Pietro Paris, responsabile del settore Sostanze pericolose di Ispra, spiega: “L’ambiente reagisce molto lentamente, soprattutto il sottosuolo dove non ci sono i raggi del sole e gli organismi decompositori e dove l’acqua si muove al ritmo di un metro l’anno. In molto campioni abbiamo riscontrato la presenza di neonicotinoidi, erbicidi con una grande persistenza e che sono stati recentemente vietati dall’Unione Europea perché uccidono le api”. Non solo: a 25 anni dalla sua revoca, ci sono ancora atrazina e metaboliti relativi. Pericolose pure le miscele di sostanze che si formano in modo casuale nei fiumi e nelle falde, con effetti imprevedibili: “In un singolo campione, c’erano 150 sostanze chimiche”.
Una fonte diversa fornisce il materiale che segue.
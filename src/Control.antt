-- ===== src/Control.antt =====
-- The control connection of the server (server/command_parser.py, server/session.py,
-- server/ftp_reply.py, server/command_handler.py, server/client_handler.py).
pub mod Parser
pub mod Session
pub mod Files
pub mod Replies
pub mod Handler
pub mod Connection
mod Tests
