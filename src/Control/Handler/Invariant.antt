-- ===== src/Control/Handler/Invariant.antt =====
-- What holds of a session between two commands.
pub mod Bounce
pub mod Commands
pub mod Kept
use hybrid_ftp_socket.Prelude.{
  ℕ, ◌+◌, ◌<◌, ◌≤◌, Bool, true, false, Option, none, some, ◌≡◌, refl, ◌⊎◌, inl, inr, List, [], ◌∷◌,
  Bool-cases, if◌then◌else◌,
}
use hybrid_ftp_socket.Prelude.Text.{codes}
use hybrid_ftp_socket.Prelude.Numerals.{Text, is_empty}
use hybrid_ftp_socket.Rdt.Context.{is_mode, is_type}
use hybrid_ftp_socket.Control.Session.{Session, DataMode, active, passive, opened}
use hybrid_ftp_socket.Control.Files.{Files, Outcome, returned, refused, crashed}
use hybrid_ftp_socket.Control.Replies.{not_logged_in}
use hybrid_ftp_socket.Control.Handler.Base.{
  Handled, says, logged_in, with_argument, no_argument, on_outcome, on_outcome_or_raise,
}

-- A peer on the server's own machine, as the code names it.
abbrev pub IsLocal : Text → Type 0
IsLocal peer = (peer ≡ codes "127.0.0.1") ⊎ (peer ≡ codes "::1") ⊎ (peer ≡ codes "localhost")

-- Where the data of a session may go: to the address of its peer or to the server's own machine;
-- for a peer that is local, or whose address is not known, anywhere.
abbrev pub IsAllowed : Option Text → Text → Type 0
IsAllowed none host = Unit
IsAllowed (some []) host = Unit
IsAllowed (some (c ∷ peer)) host =
    IsLocal (c ∷ peer) ⊎ (host ≡ c ∷ peer) ⊎ (host ≡ codes "127.0.0.1") ⊎ (host ≡ codes "localhost")

-- The data connection has an address, a port and a mode, or none of them. An active one leads to a
-- host that is allowed, and to a port that there is.
abbrev pub IsEndpoint : Option Text → Option Text → Option ℕ → Option DataMode → Type 0
IsEndpoint peer none none none = Unit
IsEndpoint peer (some host) (some port) (some active) =
    IsAllowed peer host × (0 < port) × (port ≤ 65535)
IsEndpoint peer (some host) (some port) (some passive) = Unit
IsEndpoint peer host port mode = ⊥

module _ (files : Files) where
  -- Who is logged in has a name, only they have a name to rename, the mode and the type are those
  -- of the codecs, the directory is inside the root, and the data connection is an endpoint.
  pub record IsValid (s : Session) : Type 0 where
    pub user : (s.is_logged_in ≡ false) ⊎ ((name : Text) × (s.username ≡ some name))
    pub renaming :
        (s.rename_from ≡ none)
        ⊎ ((s.is_logged_in ≡ true) × (c : ℕ) × (old : Text) × (s.rename_from ≡ some (c ∷ old)))
    pub mode : is_mode s.transfer_mode ≡ true
    pub type : is_type s.transfer_type ≡ true
    pub inside : files.IsInside s.current_dir
    pub endpoint : IsEndpoint s.peer_ip s.data_host s.data_port s.data_mode

  -- A session starts so, in a directory of the service.
  pub opened-IsValid :
      (ftp_root : Text) (peer_ip server_ip : Option Text)
      → files.IsInside ftp_root
      → IsValid (opened ftp_root peer_ip server_ip)
  unfolding is_mode is_type
  opened-IsValid ftp_root peer_ip server_ip i = record {
    user = inl refl;
    renaming = inl refl;
    mode = refl;
    type = refl;
    inside = i;
    endpoint = tt;
  }
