-- ===== src/Control/Handler/Keeps.antt =====
-- The parts that the handlers are made of keep whatever they keep on each of their ways.
use hybrid_ftp_socket.Prelude.{ℕ, Bool, true, false, ◌≡◌, refl, [], ◌∷◌, if◌then◌else◌}
use hybrid_ftp_socket.Prelude.Numerals.{Text}
use hybrid_ftp_socket.Control.Session.{Session}
use hybrid_ftp_socket.Control.Files.{Files, Outcome, returned, refused, crashed}
use hybrid_ftp_socket.Control.Replies.{not_logged_in}
use hybrid_ftp_socket.Control.Handler.Base.{
  Handled, says, logged_in, with_argument, no_argument, on_outcome, on_outcome_or_raise,
}

module _ (files : Files) (P : Session → Type 0) where
  pub logged_in_keeps :
      (s : Session) (disk : files.Disk) (counter : ℕ) (rest : Handled files.Disk)
      → P s
      → (s.is_logged_in ≡ true → P rest.session)
      → P (logged_in files.Disk s disk counter rest).session
  logged_in_keeps s disk counter rest v k = by_login s.is_logged_in k
    where
      by_login :
          (b : Bool)
          → (b ≡ true → P rest.session)
          → P (if b then rest else says files.Disk s disk counter not_logged_in).session
      by_login true k = k refl
      by_login false k = v

  pub with_argument_keeps :
      (arg : Text) (s : Session) (disk : files.Disk) (counter : ℕ) (missing : Text)
      (rest : Handled files.Disk)
      → P s
      → P rest.session
      → P (with_argument files.Disk arg s disk counter missing rest).session
  with_argument_keeps [] s disk counter missing rest v k = v
  with_argument_keeps (c ∷ arg) s disk counter missing rest v k = k

  pub no_argument_keeps :
      (arg : Text) (s : Session) (disk : files.Disk) (counter : ℕ) (syntax : Text)
      (rest : Handled files.Disk)
      → P s
      → P rest.session
      → P (no_argument files.Disk arg s disk counter syntax rest).session
  no_argument_keeps [] s disk counter syntax rest v k = k
  no_argument_keeps (c ∷ arg) s disk counter syntax rest v k = v

  pub on_outcome_keeps {ℓ} :
      {A : Type ℓ} (s : Session) (disk : files.Disk) (counter : ℕ) (crash : Text)
      (outcome : Outcome A) (next : A → Handled files.Disk)
      → P s
      → ((a : A) → outcome ≡ returned a → P (next a).session)
      → P (on_outcome files.Disk s disk counter crash outcome next).session
  unfolding on_outcome
  on_outcome_keeps s disk counter crash (returned a) next v k = k a refl
  on_outcome_keeps s disk counter crash (refused reply_code message) next v k = v
  on_outcome_keeps s disk counter crash crashed next v k = v

  pub on_outcome_or_raise_keeps {ℓ} :
      {A : Type ℓ} (s : Session) (disk : files.Disk) (counter : ℕ) (outcome : Outcome A)
      (next : A → Handled files.Disk)
      → P s
      → ((a : A) → P (next a).session)
      → P (on_outcome_or_raise files.Disk s disk counter outcome next).session
  unfolding on_outcome_or_raise
  on_outcome_or_raise_keeps s disk counter (returned a) next v k = k a
  on_outcome_or_raise_keeps s disk counter (refused reply_code message) next v k = v
  on_outcome_or_raise_keeps s disk counter crashed next v k = v
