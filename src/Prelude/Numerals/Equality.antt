-- ===== src/Prelude/Numerals/Equality.antt =====
-- The test of two texts decides their equality.
use mathlib.Core.Path.{◌≡◌, refl, ap₂, subst}
use mathlib.Core.Logic.{inl, inr}
use mathlib.Core.Bool.{true, false, ◌&&◌}
use mathlib.Core.List.{[], ◌∷◌}
use native.Mathlib.Omega.{arith}
use hybrid_ftp_socket.Prelude.Tests.{◌==◌, Bool-cases}
use hybrid_ftp_socket.Prelude.Numerals.{Text, text_eq}

pub text_eq_lem : (s t : Text) → text_eq s t ≡ true → s ≡ t
unfolding text_eq
text_eq_lem [] [] e = refl
text_eq_lem [] (d ∷ t) e = absurd cc
text_eq_lem (c ∷ s) [] e = absurd cc
text_eq_lem (c ∷ s) (d ∷ t) e = elim (Bool-cases (c == d)) [
  | inl same ↦
      let heads : c ≡ d = ground arith in
      let tails : text_eq s t ≡ true = subst (λ b. (b && text_eq s t) ≡ true) same e in
      ap₂ (λ a r. a ∷ r) heads (text_eq_lem s t tails)
  | inr other ↦ let no : false ≡ true = subst (λ b. (b && text_eq s t) ≡ true) other e in absurd cc
]

pub text_eq_refl : (s : Text) → text_eq s s ≡ true
unfolding text_eq
text_eq_refl [] = refl
text_eq_refl (c ∷ s) = let same : (c == c) ≡ true = ground arith in rw (same, text_eq_refl s) refl
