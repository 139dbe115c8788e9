-- ===== src/Control/Handler/Invariant/Bounce.antt =====
-- What the check of `port_cmd` against a bounce lets through.
use hybrid_ftp_socket.Prelude.{
  Bool, true, false, not, ◌&&◌, ◌||◌, Option, none, some, ◌≡◌, refl, inl, inr, [], ◌∷◌,
}
use hybrid_ftp_socket.Prelude.Text.{codes}
use hybrid_ftp_socket.Prelude.Numerals.{Text, text_eq}
use hybrid_ftp_socket.Prelude.Numerals.Equality.{text_eq_lem}
use hybrid_ftp_socket.Control.Handler.Parameters.{is_bounce}
use hybrid_ftp_socket.Control.Handler.Invariant.{IsAllowed}

-- An address that passes the check against a bounce is allowed.
pub is_bounce-IsAllowed :
    (peer : Option Text) (host : Text) → is_bounce peer host ≡ false → IsAllowed peer host
unfolding is_bounce
is_bounce-IsAllowed none host e = tt
is_bounce-IsAllowed (some []) host e = tt
is_bounce-IsAllowed (some (c ∷ peer)) host e =
    by_tests (text_eq (c ∷ peer) (codes "127.0.0.1")) (text_eq (c ∷ peer) (codes "::1"))
      (text_eq (c ∷ peer) (codes "localhost")) (text_eq host (c ∷ peer))
      (text_eq host (codes "127.0.0.1")) (text_eq host (codes "localhost"))
      (text_eq_lem (c ∷ peer) (codes "127.0.0.1")) (text_eq_lem (c ∷ peer) (codes "::1"))
      (text_eq_lem (c ∷ peer) (codes "localhost")) (text_eq_lem host (c ∷ peer))
      (text_eq_lem host (codes "127.0.0.1")) (text_eq_lem host (codes "localhost")) e
  where
    by_tests :
        (l m n h a b : Bool)
        → (l ≡ true → c ∷ peer ≡ codes "127.0.0.1")
        → (m ≡ true → c ∷ peer ≡ codes "::1")
        → (n ≡ true → c ∷ peer ≡ codes "localhost")
        → (h ≡ true → host ≡ c ∷ peer)
        → (a ≡ true → host ≡ codes "127.0.0.1")
        → (b ≡ true → host ≡ codes "localhost")
        → (not (l || m || n) && not h && not (a || b)) ≡ false
        → IsAllowed (some (c ∷ peer)) host
    by_tests true m n h a b fl fm fn fh fa fb e = inl (inl (fl refl))
    by_tests false true n h a b fl fm fn fh fa fb e = inl (inr (inl (fm refl)))
    by_tests false false true h a b fl fm fn fh fa fb e = inl (inr (inr (fn refl)))
    by_tests false false false true a b fl fm fn fh fa fb e = inr (inl (fh refl))
    by_tests false false false false true b fl fm fn fh fa fb e = inr (inr (inl (fa refl)))
    by_tests false false false false false true fl fm fn fh fa fb e = inr (inr (inr (fb refl)))
    by_tests false false false false false false fl fm fn fh fa fb e = absurd cc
Ma quali sono le zone più infestate? L’intera pianura padano-veneta, mentre al Centro e al Sud i punti critici sono di meno. Attenzione però a trarre conclusioni affrettate: al Nord sono state realizzate più del 50% delle analisi, da Calabria e Puglia non è arrivato quasi nulla. Al Sud ci sono ritardi nel monitoraggio, escludendo Ragusa (cercate circa 200 sostanze) e Lazio (buono stato per le acque superficiali). In Friuli Venezia Giulia, in provincia di Bolzano, in Piemonte e in Veneto i pesticidi sono presenti in misura maggiore rispetto alla media nazionale, in oltre il 90% delle acque superficiali; in più dell’80% in Emilia Romagna e Toscana, oltre il 70% in Lombardia e nella provincia di Trento. Nelle acque sotterranee, 81% Friuli, 66% Piemonte e 60% Sicilia.

C’è anche un dato positivo nel rapporto: è diminuita la vendita di prodotti fitosanitari per l’agricoltura (-36-37% dal 2003 al 2016, con piccola ripresa negli ultimi due anni).